**EXERCISE INPUTS**
-- ===== src/Identifier/Plans.antt =====
-- What is true of every plan of `BuildResolutionPlanWithConfig`.
use permission_aware_search.Common.{
  ◌==◌, any, all, String, ◌≡◌, ◌⊎◌, Bool, true, false, not, ◌&&◌, ◌||◌, Option, List,
}
use permission_aware_search.Schema.Registry.{Registry}
use permission_aware_search.Identifier.{GroupSpec, ResolutionPlan}
use permission_aware_search.Identifier.Detect.{is_nil, should_use_fast_path}
use permission_aware_search.Identifier.Shape.{shape_typeahead}
use permission_aware_search.Identifier.Resolve.{groups_of, group_key}
use permission_aware_search.Semantic.Merged.{has_key, Distinct}

abbrev pub is_op : GroupSpec → Bool
is_op g = g.operator == "eq" || g.operator == "like"

abbrev IsOp : String → Type 0
IsOp op = (op ≡ "eq") ⊎ (op ≡ "like")

abbrev pub is_of : String → GroupSpec → Bool
is_of hint g = g.resource_type == hint

-- the hint names a resource that some lookup is of
abbrev pub is_hinted : String → List GroupSpec → Bool
is_hinted hint lookups = (hint == "order" || hint == "customer") && any (is_of hint) lookups

-- Of the lookups, the groups have those of the resource that is hinted at, or all of them if there is no hint
-- or no lookup of it.
pub record Follows (hint : String) (lookups groups : List GroupSpec) : Type 0 where
  pub kept :
      (k : String)
      → has_key group_key k groups
        ≡ any (λ g. group_key g == k && (not (is_hinted hint lookups) || is_of hint g)) lookups
  pub only : (is_hinted hint lookups ≡ false) ⊎ (all (is_of hint) groups ≡ true)

-- what is true of every plan
pub record IsPlan (reg : Option Registry) (input hint : String) (p : ResolutionPlan) : Type 0 where
  pub distinct : Distinct group_key p.groups
  pub operators : all is_op p.groups ≡ true
  pub follows :
      Follows hint (groups_of reg input (p.query_shape == shape_typeahead) p.detected) p.groups
  pub fast : (p.should_use_fast_path && (is_nil p.detected || is_nil p.groups)) ≡ false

**WHAT IS NEEDED**
Your task is to copy all of the entries exactly.

**ANSWER SPACE**
-- ===== src/Identifier/Plans.antt =====
-- What is true of every plan of `BuildResolutionPlanWithConfig`.
use permission_aware_search.Common.{
  ◌==◌, any, all, String, ◌≡◌, ◌⊎◌, Bool, true, false, not, ◌&&◌, ◌||◌, Option, List,
}
use permission_aware_search.Schema.Registry.{Registry}
use permission_aware_search.Identifier.{GroupSpec, ResolutionPlan}
use permission_aware_search.Identifier.Detect.{is_nil, should_use_fast_path}
use permission_aware_search.Identifier.Shape.{shape_typeahead}
use permission_aware_search.Identifier.Resolve.{groups_of, group_key}
use permission_aware_search.Semantic.Merged.{has_key, Distinct}

abbrev pub is_op : GroupSpec → Bool
is_op g = g.operator == "eq" || g.operator == "like"

abbrev IsOp : String → Type 0
IsOp op = (op ≡ "eq") ⊎ (op ≡ "like")

abbrev pub is_of : String → GroupSpec → Bool
is_of hint g = g.resource_type == hint

-- the hint names a resource that some lookup is of
abbrev pub is_hinted : String → List GroupSpec → Bool
is_hinted hint lookups = (hint == "order" || hint == "customer") && any (is_of hint) lookups

-- Of the lookups, the groups have those of the resource that is hinted at, or all of them if there is no hint
-- or no lookup of it.
pub record Follows (hint : String) (lookups groups : List GroupSpec) : Type 0 where
  pub kept :
      (k : String)
      → has_key group_key k groups
        ≡ any (λ g. group_key g == k && (not (is_hinted hint lookups) || is_of hint g)) lookups
  pub only : (is_hinted hint lookups ≡ false) ⊎ (all (is_of hint) groups ≡ true)

-- what is true of every plan
pub record IsPlan (reg : Option Registry) (input hint : String) (p : ResolutionPlan) : Type 0 where
  pub distinct : Distinct group_key p.groups
  pub operators : all is_op p.groups ≡ true
  pub follows :
      Follows hint (groups_of reg input (p.query_shape == shape_typeahead) p.detected) p.groups
  pub fast : (p.should_use_fast_path && (is_nil p.detected || is_nil p.groups)) ≡ false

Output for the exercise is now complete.